## PROMPT
Filter the lines below, keeping each one that holds "module".
---------------
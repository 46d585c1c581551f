-- ===== src/Parser/Scoped/Actions.antt =====
-- What the parts of src/parser/scoped_parser.c leave of the stack of grammars: the scope's own entry
-- may change, and the entries below it stay.
use morphl.Prelude.{
  ℕ, ◌≡◌, refl, ap, ◌∙◌, inr, Bool, true, false, Option, none, some, List, ◌∷◌, Bytes, codes, ◌==◌,
  Outcome, ok, failed, returns, fails, faults, Post-bind, Post-if, ◌>>=◌, if◌then◌else◌, not, ◌&&◌,
  bytes_eq, fault,
}
use morphl.Util.Intern.{InternTable}
use morphl.Util.Intern.Invariant.{WellFormed}
use morphl.Util.Intern.Ids.{Keeps}
use morphl.Util.{Str}
use morphl.Ast.{AstNode, AstKind, Children, null, node, nil, cons, builtin, kind_code}
use morphl.Parser.Operators.{OperatorRow, Registered, operator_info_lookup}
use morphl.Parser.Grammar.{Grammar}
use morphl.Parser.Grammar.Productive.{rules_productive}
use morphl.Parser.Grammar.AtomsEnd.{Ends}
use morphl.Parser.Grammar.Leaves.{Names}
use morphl.Parser.Grammar.Load.{Stores, grammar_load_file}
use morphl.Parser.Grammar.Loaded.{LinesSafe, load_file-Loads}
use morphl.Parser.Scoped.{
  ScopedParser, is_none, tail_stack, replaced, scoped_parser_replace_grammar, syntax_path,
  pp_action_syntax, action, act_on, apply_preprocessor_if_any, apply_to_children,
}

-- The parser is in a scope above the entries `gs`: the scope has one entry, the flag fits it, its
-- grammar ends, and the kinds that the grammar parser knows have their names.
pub record Inside {T : Type 0} (number number_float : ℕ) (gs : List (Option Grammar))
    (p : ScopedParser T) : Type 0 where
  pub top : Option Grammar
  pub stack_is : p.grammar_stack ≡ top ∷ gs
  pub flag_is : p.use_builtins ≡ is_none top
  pub productive : (g : Grammar) → top ≡ some g → rules_productive g.rules ≡ true
  pub names : Names number number_float p.stores.names

-- The files that are loaded as grammars can be read without leaving them, and their grammars end.
pub record FilesFine (grammar_file : Bytes → Option Bytes) : Type 0 where
  pub safe :
      (path : Bytes) (contents : Bytes) → grammar_file path ≡ some contents → LinesSafe contents
  pub productive :
      (path : Bytes) (contents : Bytes) (s s' : Stores) (g : Grammar)
      → grammar_file path ≡ some contents
      → grammar_load_file contents s ≡ ok (some g, s')
      → rules_productive g.rules ≡ true

pub Names-Keeps :
    {number number_float : ℕ} (t t' : InternTable)
    → Names number number_float t
    → WellFormed t'
    → Keeps t t'
    → Names number number_float t'
Names-Keeps {number} {number_float} t t' n w keeps = record {
  fine = w;
  number_is = keeps number (codes "NUMBER") n.number_is;
  float_is = keeps number_float (codes "FLOAT") n.float_is;
}

-- The result of a call that was made is one that the post-condition holds of.
with_result :
    {A : Type 0} {P : A → Type 0} (r : Outcome A) → Ends P r → Ends (λ a. P a × (r ≡ ok a)) r
with_result (ok a) (returns h) = returns (h, refl)
with_result failed h = fails
with_result fault (faults e) = faults e

module _ {T : Type 0} (number number_float : ℕ) (grammar_file : Bytes → Option Bytes)
    (files : FilesFine grammar_file) where
  replaced-Inside :
      (gs : List (Option Grammar)) (p : ScopedParser T) (r : Option Grammar) (s : Stores)
      → Inside number number_float gs p
      → WellFormed s.names
      → Keeps p.stores.names s.names
      → ((g : Grammar) → r ≡ some g → rules_productive g.rules ≡ true)
      → Inside number number_float gs (replaced p (r, s)).1
  replaced-Inside gs p none s i w keeps ends = record {
    top = i.top;
    stack_is = i.stack_is;
    flag_is = i.flag_is;
    productive = i.productive;
    names = Names-Keeps p.stores.names s.names i.names w keeps;
  }
  replaced-Inside gs p (some g) s i w keeps ends = record {
    top = some g;
    stack_is = ap (λ stack. some g ∷ tail_stack stack) i.stack_is;
    flag_is = refl;
    productive = ends;
    names = Names-Keeps p.stores.names s.names i.names w keeps;
  }

  replace_grammar-Inside :
      (gs : List (Option Grammar)) (p : ScopedParser T) (path : Bytes)
      → Inside number number_float gs p
      → Ends
          (λ r. Inside number number_float gs r.1)
          (scoped_parser_replace_grammar grammar_file p path)
  unfolding scoped_parser_replace_grammar
  replace_grammar-Inside gs p path i = go (grammar_file path) refl
    where
      go :
          (o : Option Bytes)
          → grammar_file path ≡ o
          → Ends {A = Bool × ScopedParser T}
              (λ r. Inside number number_float gs r.1)
              (elim o [
                | none ↦ ok (false, p)
                | some contents ↦ grammar_load_file contents p.stores >>= λ r. ok (replaced p r)
              ])
      go none e = returns i
      go (some contents) e =
          Post-bind
            (with_result (grammar_load_file contents p.stores) (
              (load_file-Loads contents p.stores (inr (files.safe path contents e))).loads
                i.names.fine))
            λ (r, s) ((w, keeps, _), loaded). returns (
              replaced-Inside gs p r s i w keeps λ g given.
                files.productive path contents p.stores s g e (loaded ∙ ap (λ x. ok (x, s)) given))

  pub pp_action_syntax-Inside :
      (gs : List (Option Grammar)) (args : Children) (p : ScopedParser T)
      → Inside number number_float gs p
      → Ends (Inside number number_float gs) (pp_action_syntax grammar_file args p)
  unfolding pp_action_syntax
  pp_action_syntax-Inside gs args p i = go (syntax_path args)
    where
      go :
          (o : Option Bytes)
          → Ends (Inside number number_float gs) (elim o [
            | none ↦ ok p
            | some path ↦ scoped_parser_replace_grammar grammar_file p path >>= λ r. ok r.1
          ])
      go none = returns i
      go (some path) = Post-bind (replace_grammar-Inside gs p path i) λ r i'. returns i'

  module _ (registry : List Registered)
      (others : OperatorRow → Children → ScopedParser T → Outcome (Children × ScopedParser T))
      (others_inside : (gs : List (Option Grammar)) (row : OperatorRow) (args : Children)
          (p : ScopedParser T)
        → Inside number number_float gs p
        → Ends (λ r. Inside number number_float gs r.1) (others row args p)) where
    action-Inside :
        (gs : List (Option Grammar)) (row : OperatorRow) (args : Children) (p : ScopedParser T)
        → Inside number number_float gs p
        → Ends
            (λ r. Inside number number_float gs r.1)
            (action grammar_file registry others row args p)
    action-Inside gs row args p i =
        Post-if (bytes_eq row.name (codes "$syntax"))
          (λ _. Post-bind (pp_action_syntax-Inside gs args p i) λ p' i'. returns i')
          (λ _. others_inside gs row args p i)

    act_on-Inside :
        (gs : List (Option Grammar)) (kind : AstKind) (op : ℕ) (value : Str) (cs : Children)
        (p : ScopedParser T)
        → Inside number number_float gs p
        → Ends
            (λ r. Inside number number_float gs r.2)
            (act_on grammar_file registry others kind op value cs p)
    act_on-Inside gs kind op value cs p i = go (operator_info_lookup registry op)
      where
        go :
            (o : Option OperatorRow)
            → Ends {A = Bool × AstNode × ScopedParser T}
                (λ r. Inside number number_float gs r.2)
                (elim o [
                  | none ↦ ok (true, node kind op value cs, p)
                  | some row ↦
                      let acted = action grammar_file registry others row cs p >>= λ (cs', p').
                      ok (not row.drops_node, node kind op value cs', p') in
                      if kind_code kind == kind_code builtin && row.is_preprocessor
                      then acted
                      else ok (true, node kind op value cs, p)
                ])
        go none = returns i
        go (some row) =
            Post-if (kind_code kind == kind_code builtin && row.is_preprocessor)
              (λ _. Post-bind (action-Inside gs row cs p i) λ r i'. returns i') (λ _. returns i)

    mutual
      unfolding apply_preprocessor_if_any apply_to_children

      pub apply_preprocessor_if_any-Inside :
          (gs : List (Option Grammar)) (n : AstNode) (p : ScopedParser T)
          → Inside number number_float gs p
          → Ends
              (λ r. Inside number number_float gs r.2)
              (apply_preprocessor_if_any grammar_file registry others n p)
      apply_preprocessor_if_any-Inside gs null p i = returns i
      apply_preprocessor_if_any-Inside gs (node kind op value cs) p i =
          Post-bind (apply_to_children-Inside gs cs p i)
            λ (cs', p') i'. act_on-Inside gs kind op value cs' p' i'

      apply_to_children-Inside :
          (gs : List (Option Grammar)) (cs : Children) (p : ScopedParser T)
          → Inside number number_float gs p
          → Ends
              (λ r. Inside number number_float gs r.1)
              (apply_to_children grammar_file registry others cs p)
      apply_to_children-Inside gs nil p i = returns i
      apply_to_children-Inside gs (cons c cs) p i =
          Post-bind (apply_preprocessor_if_any-Inside gs c p i) λ (keep, c', p') i'.
            Post-bind (apply_to_children-Inside gs cs p' i') λ (cs', p'') i''. returns i''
---------------
## FINISHED EXERCISE
module _ {T : Type 0} (number number_float : ℕ) (grammar_file : Bytes → Option Bytes)
  module _ (registry : List Registered)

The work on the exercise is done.